1.05.2007
Músicas/ Interiores
Podemos habitar a música como se fosse o espaço mais íntimo da nossa própria casa? Um disco voltado a escutar recentemente, na placidez relativa dos dias feriados, fez-me pensar que sim. Approaching Silence, objecto com tantas vozes e palavras quase imperceptíveis em fundo, onde David Sylvian se remete, junto com Robert Fripp, Frank Perry e Holger Czukay, a uma arquitectura exclusivamente instrumental, é um extenso manto sonoro (duas peças de duração superior a 30 minutos com um interlúdio breve pelo meio) que me acompanhou as práticas de yôga caseiras e que havia deixado de ouvir desde que a casa passou a ser outra. Experimentei de novo, há poucos dias atrás, e foi como se me sentísse transportado para aquele outro espaço. Bem vistas as coisas, o espaço é o mesmo, não fossem as emoções a toldar uma imagem interior que vem de dentro de mim. Assim como é também profunda e não quantificável a ligação que sinto para com estas composições de Sylvian/Fripp/Perry/Czukay, todos em particular, um mais em particular que todos os outros.

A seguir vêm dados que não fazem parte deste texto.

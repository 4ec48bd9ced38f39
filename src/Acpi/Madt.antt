-- ===== src/Acpi/Madt.antt =====
-- The walks over the records of the MADT.
use qnixx.Common.{
  ℕ, zero, suc, ◌+◌, ◌≤◌, ◌<◌, ◌≡◌, true, Bool-cases, inl, inr, some, List, [], ◌∷◌, length, ◌==◌,
  ltb, lt→ltb, if◌then◌else◌, arith,
}
use qnixx.Common.Word.{u16}
use qnixx.Libkern.Memory.{Memory}
use qnixx.Acpi.Tables.{madt_at, read32}
use qnixx.Acpi.{Acpi, parse_from, parse_madt, remap_from, acpi_remap_irq}

module _ (memory : Memory) where
  -- The records at the addresses `rs`, none of them empty, lie end to end from `cur` to `end`.
  abbrev pub Tiles : (rs : List ℕ) → (cur end : ℕ) → Type 0
  Tiles [] cur end = cur ≡ end
  Tiles (r ∷ rs) cur end =
      (r ≡ cur) × (0 < memory (cur + 1)) × Tiles rs (cur + memory (cur + 1)) end

  -- The interrupt that the first override of the line names, or the line itself.
  abbrev pub override : (rs : List ℕ) → (irq : ℕ) → ℕ
  override [] irq = irq
  override (r ∷ rs) irq =
      if memory r == 2
      then (if memory (r + 3) == irq then u16 (read32 memory (r + 4)) else override rs irq)
      else override rs irq

  -- The address in the last record of an I/O APIC, or the one that was there.
  abbrev pub last_ioapic : (rs : List ℕ) → (address : ℕ) → ℕ
  last_ioapic [] address = address
  last_ioapic (r ∷ rs) address =
      last_ioapic rs (if memory r == 1 then read32 memory (r + 4) else address)

  Tiles-length : (rs : List ℕ) (cur end : ℕ) → Tiles rs cur end → cur + length rs ≤ end
  Tiles-length [] cur end tiles = omega (arith, tiles)
  Tiles-length (r ∷ rs) cur end (here, some_byte, tiles) =
      omega (arith, some_byte, Tiles-length rs (cur + memory (cur + 1)) end tiles)

module _ (memory : Memory) (higher_half : ℕ) where
  pub remap_from-override :
      (fuel : ℕ) (rs : List ℕ) (cur end irq : ℕ)
      → length rs ≤ fuel
      → Tiles memory rs cur end
      → remap_from memory higher_half fuel cur end irq ≡ some (override memory rs irq)
  unfolding remap_from
  remap_from-override zero [] cur end irq enough tiles = ground (arith, tiles)
  remap_from-override (suc fuel) [] cur end irq enough tiles = ground (arith, tiles)
  remap_from-override zero (r ∷ rs) cur end irq enough tiles = absurd (omega (arith, enough))
  remap_from-override (suc fuel) (r ∷ rs) cur end irq enough (here, some_byte, tiles) =
      let next = cur + memory (cur + 1) in
      let more : cur < end = omega (arith, some_byte, Tiles-length memory rs next end tiles) in
      rw here (
        ground
          (arith, more, remap_from-override fuel rs next end irq (omega (arith, enough)) tiles))

  pub parse_from-last :
      (fuel : ℕ) (rs : List ℕ) (cur end : ℕ) (acpi : Acpi)
      → length rs ≤ fuel
      → Tiles memory rs cur end
      → parse_from memory higher_half fuel cur end acpi
        ≡ some (record acpi { g_ioapic_mmio_base = last_ioapic memory rs acpi.g_ioapic_mmio_base })
  unfolding parse_from
  parse_from-last zero [] cur end acpi enough tiles = ground (arith, tiles)
  parse_from-last (suc fuel) [] cur end acpi enough tiles = ground (arith, tiles)
  parse_from-last zero (r ∷ rs) cur end acpi enough tiles = absurd (omega (arith, enough))
  parse_from-last (suc fuel) (r ∷ rs) cur end acpi enough (here, some_byte, tiles) =
      let next = cur + memory (cur + 1) in
      let more : ltb cur end ≡ true =
        lt→ltb cur end (omega (arith, some_byte, Tiles-length memory rs next end tiles)) in
      elim (Bool-cases (memory cur == 1)) [
        | inl ioapic ↦
            rw (here, more, ioapic, parse_from)
              (parse_from-last fuel rs next end
                (record acpi { g_ioapic_mmio_base = read32 memory (cur + 4) })
                (omega (arith, enough)) tiles)
        | inr other ↦
            rw (here, more, other, parse_from)
              (parse_from-last fuel rs next end acpi (omega (arith, enough)) tiles)
      ]

  -- If the records of the MADT are not empty and lie end to end up to the end of the table,
  -- acpi_remap_irq returns within as many rounds as the table has bytes, with the interrupt that
  -- the first override of the line names, or the line itself.
  pub acpi_remap_irq-override :
      (acpi : Acpi) (rs : List ℕ) (irq : ℕ)
      → Tiles memory rs (acpi.madt + 44) (acpi.madt + (madt_at memory acpi.madt).header.length)
      → acpi_remap_irq memory higher_half ((madt_at memory acpi.madt).header.length) acpi irq
        ≡ some (override memory rs irq)
  unfolding acpi_remap_irq
  acpi_remap_irq-override acpi rs irq tiles =
      let n = (madt_at memory acpi.madt).header.length in
      remap_from-override n rs (acpi.madt + 44) (acpi.madt + n) irq
        (omega (arith, Tiles-length memory rs (acpi.madt + 44) (acpi.madt + n) tiles)) tiles

  -- The walk that looks for the I/O APIC ends on such a table too.
  pub parse_madt-returns :
      (acpi : Acpi) (rs : List ℕ)
      → Tiles memory rs (acpi.madt + 44) (acpi.madt + (madt_at memory acpi.madt).header.length)
      → parse_madt memory higher_half ((madt_at memory acpi.madt).header.length) acpi
        ≡ some (record acpi {
          g_lapic_mmio_base = read32 memory (acpi.madt + 36);
          g_ioapic_mmio_base = last_ioapic memory rs acpi.g_ioapic_mmio_base;
        })
  unfolding parse_madt
  parse_madt-returns acpi rs tiles =
      let n = (madt_at memory acpi.madt).header.length in
      parse_from-last n rs (acpi.madt + 44) (acpi.madt + n)
        (record acpi { g_lapic_mmio_base = read32 memory (acpi.madt + 36) })
        (omega (arith, Tiles-length memory rs (acpi.madt + 44) (acpi.madt + n) tiles)) tiles
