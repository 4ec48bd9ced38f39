-- ===== src/Acpi/Tests.antt =====
-- A MADT at address 0x1000.
use qnixx.Common.{refl, arith, some, [], ◌∷◌, ◌≡◌, ◌==◌, if◌then◌else◌}
use qnixx.Libkern.Memory.{Memory}
use qnixx.Acpi.{Acpi, acpi_remap_irq}
use qnixx.Acpi.Madt.{Tiles, override, acpi_remap_irq-override}

abbrev acpi : Acpi
acpi = record {
  rsdt = 0;
  madt = 0;
  rsdt_entry_count = 1;
  g_ioapic_mmio_base = 0;
  g_lapic_mmio_base = 0;
}

-- A MADT of 66 bytes at address 0x1000: an I/O APIC, and an override of line 0.
abbrev madt_memory : Memory
madt_memory a =
    if a == 0x1004
    then 66
    else (if a == 0x102C
        then 1
        else (if a == 0x102D
            then 12
            else (if a == 0x1033
                then 0xFE
                else (if a == 0x1038
                    then 2
                    else (if a == 0x1039 then 10 else (if a == 0x103C then 2 else 0))))))

abbrev madt_acpi : Acpi
madt_acpi = record acpi { madt = 0x1000 }

tiled : Tiles madt_memory (0x102C ∷ 0x1038 ∷ []) 0x102C 0x1042
tiled = (refl, omega arith, (refl, omega arith, refl))

acpi_remap_irq-override_example :
    acpi_remap_irq madt_memory 0 66 madt_acpi 0
    ≡ some (override madt_memory (0x102C ∷ 0x1038 ∷ []) 0)
acpi_remap_irq-override_example =
    acpi_remap_irq-override madt_memory 0 madt_acpi (0x102C ∷ 0x1038 ∷ []) 0 tiled
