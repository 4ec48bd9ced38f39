-- ===== src/Amd64.antt =====
-- sys/amd64: the processor's tables, interrupt controllers and cores.
pub mod Io
pub mod Idt
pub mod Apic
pub mod Cores
pub mod Segments
mod Tests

Pelos mesmos dias deu-se igualmente o reencontro com o CD Frantic de Bryan Ferry - "perdido", depois recuperado - e foi como se nunca antes o tivesse ouvido. Isto é pura especulação, eu sei, mas senti uma projecção tal nestas canções daquilo que imagino que seja a pessoa de Ferry - sabendo que existem duas que são covers brilhantes de Bob Dylan, de que Ferry se ocupará na totalidade do seu próximo disco - que o CD poder-se-ia chamar "The Life of Bryan" com igual propriedade. De repente, não me recordo assim de outro alinhamento maduro que traduza aquilo que pode ser a "dor de corno" sentida já na segunda metade da vida.
Para último lugar fica uma referência obrigatória (um mea culpa) a um dos melhores CD's de 2006 que acabou esquecido no momento de fazer contas à música do ano. The Letting Go é pelo menos tão belo como o melhor que está para trás na discografia de Bonnie Prince Billy. Não faço ideia que raio terá acontecido para que não me tivesse apercebido logo às primeiras audições do encantamento que se desprende destas canções. Será porventura o disco do apaziguamento de quem já olhou de frente a "escuridão", a não ser que mais escutas lhe revelem um lado sublinhado a negro. A rendição de Oldham (onde teria ele escondido a serenidade?) que a paisagem da Islândia terá sido a primeira testemunha. Mas nunca antes de Dawn McCarthy (dos Faun Fables), aquela que juntou a sua à voz igualmente sobrenatural de Will Oldham. The Letting Go representa assim uma espécie de prolongamento do Harvest Moon de Neil Young por atalhos menos luminosos. Seja a sua harmonia apenas aparente, continuará a ser tão maravilhoso quanto isso.